She is a bit of a nap time contortionist, I see


----------



## Shell (Oct 19, 2009)

She doesn't really do anything in this video other than look adorable but wow, those ears!


----------



## goonmom (Mar 28, 2013)

Awwww! She looks amazing from day 1 to day 12! So glad she has such great care. You can tell the difference in her physically and emotionally (I guess?). She looks so happy and content! 

I love Chester. He's adorable and I want to hug him.


----------



## Shell (Oct 19, 2009)

goonmom said:


> Awwww! She looks amazing from day 1 to day 12! So glad she has such great care. You can tell the difference in her physically and emotionally (I guess?). She looks so happy and content!
> 
> I love Chester. He's adorable and I want to hug him.


Thank you.

And yep, everyone loves Chester. I stopped by the pet store today for more food and I had Chester with me. The clerk got a call from the store's owner to check on inventory etc and after I hear her describe what food they are low on, I hear "Oh yeah, and Chester is here too!"


----------



## goonmom (Mar 28, 2013)

Awwwwww! That's so great! That has to be a good feeling!


----------



## Shell (Oct 19, 2009)

KONG nose!

















and my favorite of the bunch- one very happy dog


----------



## dagwall (Mar 17, 2011)

She is looking so good.


----------



## Abbylynn (Jul 7, 2011)

She is looking wonderful! I love her color and especially her eyes.  That pic with the kong on her nose is comical! Lol!


----------



## victorino545 (Apr 8, 2013)

Great pictures, they look so happy. Penny is so sweet. Is she full grown and how much does she weigh? I am curious cause I think my pup is a terrier mix and she is suppose to be around 15-20 lbs, but has big paws like Penny. Not sure if that means anything.


----------



## Shell (Oct 19, 2009)

victorino545 said:


> Great pictures, they look so happy. Penny is so sweet. Is she full grown and how much does she weigh? I am curious cause I think my pup is a terrier mix and she is suppose to be around 15-20 lbs, but has big paws like Penny. Not sure if that means anything.


She's full grown aside from needing maybe 1-2 more lbs to fill out and be at a healthy weight. She weighed 36 lbs at the vets 2 weeks ago. 

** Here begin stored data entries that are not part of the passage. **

-- ===== src/Backend/Keys.antt =====
-- `require_api_key` and `_parse_api_keys` (backend/app.py): which requests a handler sees.
use frass_f.Base.{
  ◌≡◌, ◌↔◌, ◌⊎◌, inl, inr, refl, ◌∙◌, ap, Bool, true, false, not, ◌&&◌, ◌||◌, Option, none, some,
  [], Text, text, text_eq, text_eq_iff, text_eq_refl, is_empty, Dict, get, if◌then◌else◌, arith,
  Bool-cases,
}

-- What `API_KEYS` is as JSON: keys by device (a value that is no text equals no key), one key, or
-- something else.
pub data Keys : Type 0 where
  by_device : Dict Text → Keys
  one_key : Text → Keys
  other : Keys

-- `_parse_api_keys`, of the variable and what `json.loads` makes of it; `none` is an exception.
unfoldable pub parse_api_keys : (Text → Option Keys) → Option Text → Keys
parse_api_keys loads none = by_device []
parse_api_keys loads (some raw) =
    if is_empty raw then by_device [] else elim (loads raw) [ none ↦ by_device [] | some k ↦ k ]

pub data Access : Type 0 where
  key_required invalid_key granted : Access

-- The device of a request: the header's, or else the one that the body names.
abbrev pub device_of : Text → Text → Text
device_of header body = if is_empty header then body else header

abbrev pub is_key : Text → Option Text → Bool
is_key key none = false
is_key key (some k) = text_eq k key

abbrev pub granted_if : Bool → Access
granted_if true = granted
granted_if false = invalid_key

abbrev pub check_key : Keys → Text → Text → Access
check_key (by_device keys) key device = granted_if (
    (not (is_empty device) && is_key key (get device keys))
    || is_key key (get (text "_global") keys))
check_key (one_key k) key device = granted_if (text_eq k key)
check_key other key device = invalid_key

-- `require_api_key`, from the headers X-API-Key and X-Device-ID and the body's `device_id`, all empty
-- where they are missing.
unfoldable pub require_api_key : Keys → Text → Text → Text → Access
require_api_key keys key header body =
    if is_empty key then key_required else check_key keys key (device_of header body)

is_key-some : (key : Text) (o : Option Text) → is_key key o ≡ true → o ≡ some key
is_key-some key none h = absurd (ground arith)
is_key-some key (some k) h = ap some ((text_eq_iff k key).0 h)

granted_or : (x y : Bool) → granted_if (x || y) ≡ granted → (x ≡ true) ⊎ (y ≡ true)
granted_or true y h = inl refl
granted_or false true h = inr refl
granted_or false false h = absurd (ground arith)

both_true : (x y : Bool) → (not x && y) ≡ true → (x ≡ false) × (y ≡ true)
both_true true y h = absurd (ground arith)
both_true false y h = (refl, h)

-- The key of the device, if the request names one, or the global one.
abbrev pub HasKey : Dict Text → Text → Text → Type 0
HasKey keys key device =
    ((is_empty device ≡ false) × (get device keys ≡ some key))
    ⊎ (get (text "_global") keys ≡ some key)

HasKey-granted :
    (keys : Dict Text) (key device : Text)
    → HasKey keys key device
    → check_key (by_device keys) key device ≡ granted
HasKey-granted keys key device (inl (e, h)) = rw e (rw h (rw (text_eq_refl key)))
HasKey-granted keys key device (inr h) =
    ap
      (λ (o : Option Text).
        granted_if ((not (is_empty device) && is_key key (get device keys)) || is_key key o))
      h
    ∙ rw (text_eq_refl key) (or_true (not (is_empty device) && is_key key (get device keys)))
  where
    or_true : (x : Bool) → granted_if (x || true) ≡ granted
    or_true true = refl
    or_true false = refl

granted-HasKey :
    (keys : Dict Text) (key device : Text)
    → check_key (by_device keys) key device ≡ granted
    → HasKey keys key device
granted-HasKey keys key device h =
    elim (granted_or (not (is_empty device) && is_key key (get device keys))
      (is_key key (get (text "_global") keys)) h) [
        | inl a ↦
            let (e, k) = both_true (is_empty device) (is_key key (get device keys)) a in
            inl (e, is_key-some key (get device keys) k)
        | inr g ↦ inr (is_key-some key (get (text "_global") keys) g)
      ]

-- Where the keys are by device, a request gets through exactly with a key that is not empty and that
-- is the one of its device, if it names one, or the global one. The device is that of the header, if
-- there is one, whatever device the body is about.
pub granted_iff :
    (keys : Dict Text) (key header body : Text)
    → (require_api_key (by_device keys) key header body ≡ granted)
      ↔ ((is_empty key ≡ false) × HasKey keys key (if is_empty header then body else header))
unfolding require_api_key
granted_iff keys key header body = elim (Bool-cases (is_empty key)) [
  | inl e ↦ rw e ((λ h. absurd (ground arith)), (λ (n, h). absurd (ground arith)))
  | inr e ↦ rw e (
    (λ h. (refl, granted-HasKey keys key (device_of header body) h)),
    (λ (n, h). HasKey-granted keys key (device_of header body) h),
  )
]
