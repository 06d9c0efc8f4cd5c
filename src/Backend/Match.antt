-- ===== src/Backend/Match.antt =====
-- Matching an embedding (backend/app.py): pgvector where the database has it, or the linear scan.
use frass_f.Base.{ℕ, Bool, Option, none, some, if◌then◌else◌, is_empty, ◌-◌, ◌+◌}
use frass_f.Base.Int.{ℤ, pos, sub_ℕ, ltb_ℤ, leb_ℤ}
use frass_f.Matching.{Known, one, no_best, scan, percent, decide_match}
use frass_f.Backend.State.{Backend, load_embeddings}

-- What the similarity query of pgvector does: it raises, finds no row, or finds the nearest.
pub data Nearest : Type 0 where
  raised no_row : Nearest
  row : ℕ → ℤ → Nearest

-- What the program needs of numpy and of the database: the product of two embeddings (`none` where
-- their lengths differ), the norm, whether the database is PostgreSQL, and its nearest row.
pub record Engine (E : Type 0) : Type 0 where
  pub dot : E → E → Option ℤ
  pub norm : E → ℕ
  pub postgresql : Bool
  pub nearest : E → Nearest

-- The pair that `_match_pgvector` returns. Where no row is found its second component is not a number
-- but the pair `(None, 0.0)`.
pub data PgMatch : Type 0 where
  pair : Option ℕ → ℤ → PgMatch
  nested : PgMatch

abbrev answer_of : ℤ → Nearest → PgMatch
answer_of threshold raised = pair none (pos 0)
answer_of threshold no_row = nested
answer_of threshold (row id similarity) =
    if leb_ℤ threshold similarity
    then pair (some id) (percent similarity)
    else pair none (percent similarity)

module _ {E : Type 0} (K : Engine E) where
  -- `_match_pgvector`
  unfoldable pub match_pgvector : ℤ → E → PgMatch
  unfolding percent
  match_pgvector threshold query =
      if K.postgresql then answer_of threshold (K.nearest query) else pair none (pos 0)

  -- The loop over the cache, and the end of `match_embedding`.
  unfoldable pub match_linear : ℤ → E → Known E → Option (Option ℕ × ℤ)
  unfolding scan decide_match
  match_linear threshold query known = elim (scan K.dot query known no_best) [
    | none ↦ none
    | some b ↦ some (decide_match threshold b)
  ]

  -- `result[0] is not None or result[1] > 0`; the comparison raises (`none`) on the nested pair.
  unfoldable pub after_pgvector : PgMatch → ℤ → E → Known E → Option (Option ℕ × ℤ)
  unfolding match_linear
  after_pgvector nested threshold query known = none
  after_pgvector (pair (some id) confidence) threshold query known = some (some id, confidence)
  after_pgvector (pair none confidence) threshold query known =
      if ltb_ℤ (pos 0) confidence
      then some (none, confidence)
      else match_linear threshold query known

  unfoldable pub answer : ℤ → E → Known E → Option (Option ℕ × ℤ)
  unfolding match_pgvector after_pgvector
  answer threshold query known =
      if is_empty known
      then some (none, pos 0)
      else after_pgvector (match_pgvector threshold query) threshold query known

  abbrev loaded : {C : Type 0} → Bool → Backend C E → Backend C E
  loaded load_fails b = if b.cache_loaded then b else load_embeddings load_fails b

  -- `match_embedding`; `none`: it raises.
  unfoldable pub match_embedding :
      {C : Type 0} → Bool → ℤ → E → Backend C E → Option (Option ℕ × ℤ) × Backend C E
  unfolding answer load_embeddings
  match_embedding load_fails threshold query b =
      let b' = loaded load_fails b in (answer threshold query b'.embedding_cache, b')

  -- `embedding_quality`: 1 less the distance of the norm from 1.
  unfoldable pub embedding_quality : E → ℤ
  embedding_quality e = sub_ℕ one ((one - K.norm e) + (K.norm e - one))
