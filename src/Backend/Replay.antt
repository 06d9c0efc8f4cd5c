-- ===== src/Backend/Replay.antt =====
-- `check_replay` (backend/app.py): a nonce is taken once, and remembered for an hour.
pub mod Once
use frass_f.Base.{
  ℕ, ◌+◌, ◌-◌, Bool, true, false, Option, none, some, List, [], ◌∷◌, Text, Dict, get, put,
  filter_values, is_empty, ltb, leb, not, if◌then◌else◌,
}
use frass_f.Backend.State.{Backend, ReplayGuard, Env, seconds}

abbrev pub cleanup_interval : ℕ
cleanup_interval = seconds 300

abbrev pub hour : ℕ
hour = seconds 3600

module _ {C E : Type 0} where
  -- The deletion of the nonces older than an hour, at most every `cleanup_interval`.
  unfoldable pub cleanup : Env → Backend C E → Backend C E
  cleanup env b =
      if leb (b.last_replay_cleanup + cleanup_interval) env.now
      then record b {
        last_replay_cleanup = env.now;
        replay_guard =
            if env.cleanup_fails
            then b.replay_guard
            else filter_values (λ g. leb env.now (g.timestamp + hour)) b.replay_guard;
      }
      else b

  abbrev pub remember : Text → Text → Env → Backend C E → Backend C E
  remember nonce device_id env b = record b {
    replay_guard = put nonce (record { device_id = device_id; timestamp = env.now }) b.replay_guard;
  }

  abbrev pub admit : Option ReplayGuard → Text → Text → Env → Backend C E → Bool × Backend C E
  admit none nonce device_id env b = (true, cleanup env (remember nonce device_id env b))
  admit (some g) nonce device_id env b = (false, b)

  unfoldable pub check_replay : Text → Text → Env → Backend C E → Bool × Backend C E
  unfolding cleanup
  check_replay nonce device_id env b =
      if is_empty nonce then (false, b) else admit (get nonce b.replay_guard) nonce device_id env b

I don't think paw size means much, I look at the size of their "wrist" joints- think about Great Dane puppies for example and their HUGE, out of proportion knobby wrists and knees.


----------



## Sibe (Nov 21, 2010)

Dem ears! Love those ears.

Is it just me seeing bull terrier in her?


----------



## Shell (Oct 19, 2009)

Sibe said:


> Dem ears! Love those ears.
> 
> Is it just me seeing bull terrier in her?


Nope, that's one of the main guesses. She was listed as a bull terrier at the shelter, I added "Basenji" as a second possible breed on her petfinder profile because that was the other most common guess I was getting from friends and family. 

The ears are great. I love how in the video you can see them move independently like little radar scanners towards different sounds.


----------



## janepup (Apr 12, 2013)

Hi Shell. You have beautiful dogs. I actually just registered an account on this site for one reason - to ask you the make of those harnesses? They looks amazing. They appear to be one of those harnesses that tighten slightly when the dog pulls - is that correct?

Any info super appreciated  I'm travelling later today so if I don't immediately reply with my thanks I apologize.

Jane


----------



## Shell (Oct 19, 2009)

janepup said:


> Hi Shell. You have beautiful dogs. I actually just registered an account on this site for one reason - to ask you the make of those harnesses? They looks amazing. They appear to be one of those harnesses that tighten slightly when the dog pulls - is that correct?
> 
> Any info super appreciated  I'm travelling later today so if I don't immediately reply with my thanks I apologize.
> 
> Jane


They are just plain step-in harnesses. I like them because the leash attaches to both metal d-rings on either side of the buckle so that even if the plastic buckle fails under stress of pops open, the harness remains in place held by the leash snap. Comfort Wrap adjustable harness
Also, they are cheap and very adjustable.


----------



## dagwall (Mar 17, 2011)

OMG I just watched the video (missed it earlier on my ipad where videos often don't show) and her ears are ridiculously adorable with all that movement.


----------



## Shell (Oct 19, 2009)

dagwall said:


> OMG I just watched the video (missed it earlier on my ipad where videos often don't show) and her ears are ridiculously adorable with all that movement.


Yep, I gotta try and get a few more videos of her. Her personality shows better in person (or in a video) then simply a photo (which still shows her off well)

Great weather today so we went to another city park that has more open space along its loop paved walking path than our usual park. Perfect for photos.


























And let us not forget about Chester of course


----------



## Shell (Oct 19, 2009)

Silly girl. She waded into a lake last week and splashed in the creeks but she just wasn't sure about the pool appearing in "her" yard out of nowhere


----------



## dagwall (Mar 17, 2011)

Haha, that pool is scary business but the kong must be saved from it.


----------



## Shell (Oct 19, 2009)

Fingers crossed everyone- she's got a potential adopter. Penny is going up to the potential family on Thursday and if they like her in person as much as they like her online/in photos, then they'll keep her and formalize the adoption. It sounds pretty good- 3 acres, 2 kids (8 years old +) and one outside farm dog (kept in suitable conditions).


----------